Go through the records below and count every line containing "elim". Reply with the count alone.

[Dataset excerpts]
........

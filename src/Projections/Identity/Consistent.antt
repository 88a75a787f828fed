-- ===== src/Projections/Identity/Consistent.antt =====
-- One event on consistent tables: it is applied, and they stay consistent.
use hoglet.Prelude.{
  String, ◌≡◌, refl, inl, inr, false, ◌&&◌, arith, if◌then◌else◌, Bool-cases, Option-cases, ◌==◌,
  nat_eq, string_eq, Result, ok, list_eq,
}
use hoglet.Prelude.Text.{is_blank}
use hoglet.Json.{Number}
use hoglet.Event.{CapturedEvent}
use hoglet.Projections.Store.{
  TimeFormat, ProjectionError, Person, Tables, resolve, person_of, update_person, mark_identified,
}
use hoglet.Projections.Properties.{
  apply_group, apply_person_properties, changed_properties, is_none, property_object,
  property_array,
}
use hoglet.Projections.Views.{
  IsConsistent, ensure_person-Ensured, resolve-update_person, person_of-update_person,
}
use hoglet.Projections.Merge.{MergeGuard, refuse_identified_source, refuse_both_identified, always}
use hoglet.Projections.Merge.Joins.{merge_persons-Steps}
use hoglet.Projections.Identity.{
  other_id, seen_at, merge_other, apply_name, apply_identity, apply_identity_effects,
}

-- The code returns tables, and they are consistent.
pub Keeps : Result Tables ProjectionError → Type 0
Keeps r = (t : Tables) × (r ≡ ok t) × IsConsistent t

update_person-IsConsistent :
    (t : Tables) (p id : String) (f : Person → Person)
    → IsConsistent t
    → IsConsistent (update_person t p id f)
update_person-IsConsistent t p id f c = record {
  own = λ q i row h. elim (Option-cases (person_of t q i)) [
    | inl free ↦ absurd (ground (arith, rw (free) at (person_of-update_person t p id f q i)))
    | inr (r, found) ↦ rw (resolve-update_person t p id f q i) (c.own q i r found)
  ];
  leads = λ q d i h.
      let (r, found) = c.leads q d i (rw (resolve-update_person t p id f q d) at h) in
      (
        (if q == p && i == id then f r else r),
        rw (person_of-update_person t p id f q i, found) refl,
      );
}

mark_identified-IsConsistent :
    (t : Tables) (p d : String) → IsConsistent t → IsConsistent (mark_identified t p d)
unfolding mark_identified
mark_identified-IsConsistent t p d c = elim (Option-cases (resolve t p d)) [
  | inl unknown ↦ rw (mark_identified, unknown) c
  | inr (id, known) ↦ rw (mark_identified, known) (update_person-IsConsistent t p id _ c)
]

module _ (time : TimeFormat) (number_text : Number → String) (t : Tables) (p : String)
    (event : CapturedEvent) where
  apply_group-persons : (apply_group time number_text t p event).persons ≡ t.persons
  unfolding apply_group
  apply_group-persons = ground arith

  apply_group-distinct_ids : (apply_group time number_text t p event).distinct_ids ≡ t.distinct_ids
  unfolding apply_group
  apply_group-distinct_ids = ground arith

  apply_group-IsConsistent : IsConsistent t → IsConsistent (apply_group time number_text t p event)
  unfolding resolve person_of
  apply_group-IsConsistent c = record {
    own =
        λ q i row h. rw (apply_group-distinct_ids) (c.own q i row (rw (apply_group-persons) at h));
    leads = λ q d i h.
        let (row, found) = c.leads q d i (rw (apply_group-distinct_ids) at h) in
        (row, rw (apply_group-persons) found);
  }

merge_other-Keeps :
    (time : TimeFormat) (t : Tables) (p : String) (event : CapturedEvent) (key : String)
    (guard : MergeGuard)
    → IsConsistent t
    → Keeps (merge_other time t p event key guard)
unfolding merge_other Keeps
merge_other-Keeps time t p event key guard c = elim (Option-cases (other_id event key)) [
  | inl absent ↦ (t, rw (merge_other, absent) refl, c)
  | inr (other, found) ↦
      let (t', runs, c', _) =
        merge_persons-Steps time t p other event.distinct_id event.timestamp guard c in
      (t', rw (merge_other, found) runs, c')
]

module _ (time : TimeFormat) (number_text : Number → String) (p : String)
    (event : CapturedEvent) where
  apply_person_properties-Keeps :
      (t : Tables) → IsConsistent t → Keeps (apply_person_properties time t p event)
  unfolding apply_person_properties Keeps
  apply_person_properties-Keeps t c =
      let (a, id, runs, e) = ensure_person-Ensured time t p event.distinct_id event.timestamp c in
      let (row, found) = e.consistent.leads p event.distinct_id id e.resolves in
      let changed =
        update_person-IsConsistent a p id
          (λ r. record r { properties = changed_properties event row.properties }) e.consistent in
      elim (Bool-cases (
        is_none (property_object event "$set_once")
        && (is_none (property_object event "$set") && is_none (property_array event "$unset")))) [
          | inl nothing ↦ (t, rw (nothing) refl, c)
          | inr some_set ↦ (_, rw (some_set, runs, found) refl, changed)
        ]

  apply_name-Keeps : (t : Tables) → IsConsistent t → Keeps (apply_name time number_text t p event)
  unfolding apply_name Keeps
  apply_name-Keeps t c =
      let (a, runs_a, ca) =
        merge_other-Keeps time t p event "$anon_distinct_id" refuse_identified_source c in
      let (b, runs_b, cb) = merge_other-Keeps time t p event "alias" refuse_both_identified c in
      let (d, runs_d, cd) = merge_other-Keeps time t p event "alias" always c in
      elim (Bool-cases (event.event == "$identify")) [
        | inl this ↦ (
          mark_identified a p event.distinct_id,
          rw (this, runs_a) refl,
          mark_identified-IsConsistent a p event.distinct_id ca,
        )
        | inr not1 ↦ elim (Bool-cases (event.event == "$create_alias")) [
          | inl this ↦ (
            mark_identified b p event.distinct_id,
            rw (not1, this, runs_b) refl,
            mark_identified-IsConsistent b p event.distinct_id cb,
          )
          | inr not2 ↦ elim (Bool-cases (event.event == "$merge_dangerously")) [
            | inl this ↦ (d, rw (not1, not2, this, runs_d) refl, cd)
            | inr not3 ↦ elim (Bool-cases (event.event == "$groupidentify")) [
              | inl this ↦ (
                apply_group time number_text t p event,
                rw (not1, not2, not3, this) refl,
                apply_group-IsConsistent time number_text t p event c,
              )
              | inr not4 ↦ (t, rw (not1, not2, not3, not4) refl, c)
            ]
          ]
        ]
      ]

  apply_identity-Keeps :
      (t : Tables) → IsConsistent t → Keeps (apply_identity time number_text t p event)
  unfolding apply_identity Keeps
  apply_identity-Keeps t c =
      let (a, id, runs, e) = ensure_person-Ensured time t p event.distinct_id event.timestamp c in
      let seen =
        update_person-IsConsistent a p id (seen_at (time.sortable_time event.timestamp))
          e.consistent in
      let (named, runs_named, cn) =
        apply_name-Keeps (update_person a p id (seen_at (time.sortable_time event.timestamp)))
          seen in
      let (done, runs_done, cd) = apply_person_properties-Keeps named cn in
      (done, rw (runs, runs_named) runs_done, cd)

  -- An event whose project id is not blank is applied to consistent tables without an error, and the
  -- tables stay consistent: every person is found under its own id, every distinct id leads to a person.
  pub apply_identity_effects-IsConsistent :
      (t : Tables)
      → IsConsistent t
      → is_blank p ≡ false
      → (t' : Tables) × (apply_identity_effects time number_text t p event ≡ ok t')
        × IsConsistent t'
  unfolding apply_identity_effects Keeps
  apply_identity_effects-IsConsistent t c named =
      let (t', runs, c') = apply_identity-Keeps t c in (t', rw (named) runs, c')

........

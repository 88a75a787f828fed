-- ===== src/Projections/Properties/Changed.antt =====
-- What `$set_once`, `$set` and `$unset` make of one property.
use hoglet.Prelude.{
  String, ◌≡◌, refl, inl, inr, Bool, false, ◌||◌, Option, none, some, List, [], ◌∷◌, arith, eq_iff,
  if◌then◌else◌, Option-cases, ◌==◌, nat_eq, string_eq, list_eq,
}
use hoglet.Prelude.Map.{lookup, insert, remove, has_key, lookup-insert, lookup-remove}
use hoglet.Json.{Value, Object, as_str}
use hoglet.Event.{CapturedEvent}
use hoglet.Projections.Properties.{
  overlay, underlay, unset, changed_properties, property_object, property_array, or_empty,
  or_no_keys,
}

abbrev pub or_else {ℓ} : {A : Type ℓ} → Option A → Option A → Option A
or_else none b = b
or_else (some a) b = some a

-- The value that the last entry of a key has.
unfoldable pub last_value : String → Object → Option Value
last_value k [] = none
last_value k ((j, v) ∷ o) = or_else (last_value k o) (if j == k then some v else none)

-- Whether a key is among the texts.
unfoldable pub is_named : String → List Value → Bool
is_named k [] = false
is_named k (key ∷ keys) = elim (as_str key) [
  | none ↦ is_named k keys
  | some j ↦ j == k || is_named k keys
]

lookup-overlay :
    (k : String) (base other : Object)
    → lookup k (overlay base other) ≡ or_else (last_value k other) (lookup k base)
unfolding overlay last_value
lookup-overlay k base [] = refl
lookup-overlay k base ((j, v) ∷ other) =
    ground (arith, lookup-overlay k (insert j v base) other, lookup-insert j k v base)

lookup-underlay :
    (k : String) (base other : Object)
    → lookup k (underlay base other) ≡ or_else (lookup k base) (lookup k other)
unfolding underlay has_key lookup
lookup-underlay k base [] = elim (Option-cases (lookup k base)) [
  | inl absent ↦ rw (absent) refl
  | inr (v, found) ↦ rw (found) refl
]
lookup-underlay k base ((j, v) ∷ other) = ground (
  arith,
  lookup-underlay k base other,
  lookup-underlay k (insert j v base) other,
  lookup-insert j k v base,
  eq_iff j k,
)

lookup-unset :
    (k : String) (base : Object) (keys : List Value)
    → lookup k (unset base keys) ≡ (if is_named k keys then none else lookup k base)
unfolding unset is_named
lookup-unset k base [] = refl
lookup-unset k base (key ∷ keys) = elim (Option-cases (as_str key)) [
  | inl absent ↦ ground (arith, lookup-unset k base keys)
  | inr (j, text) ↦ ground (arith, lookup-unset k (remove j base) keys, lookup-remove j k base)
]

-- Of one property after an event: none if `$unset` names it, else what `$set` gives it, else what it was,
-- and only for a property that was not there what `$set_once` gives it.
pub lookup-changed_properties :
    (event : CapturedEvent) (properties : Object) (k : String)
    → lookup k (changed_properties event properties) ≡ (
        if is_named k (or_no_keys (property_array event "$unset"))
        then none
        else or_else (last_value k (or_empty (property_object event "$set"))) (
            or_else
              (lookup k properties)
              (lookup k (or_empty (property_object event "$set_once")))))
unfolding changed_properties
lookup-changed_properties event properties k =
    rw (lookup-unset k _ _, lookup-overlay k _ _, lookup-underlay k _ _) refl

........

▶ ANSWER TO THIS EXERCISE
11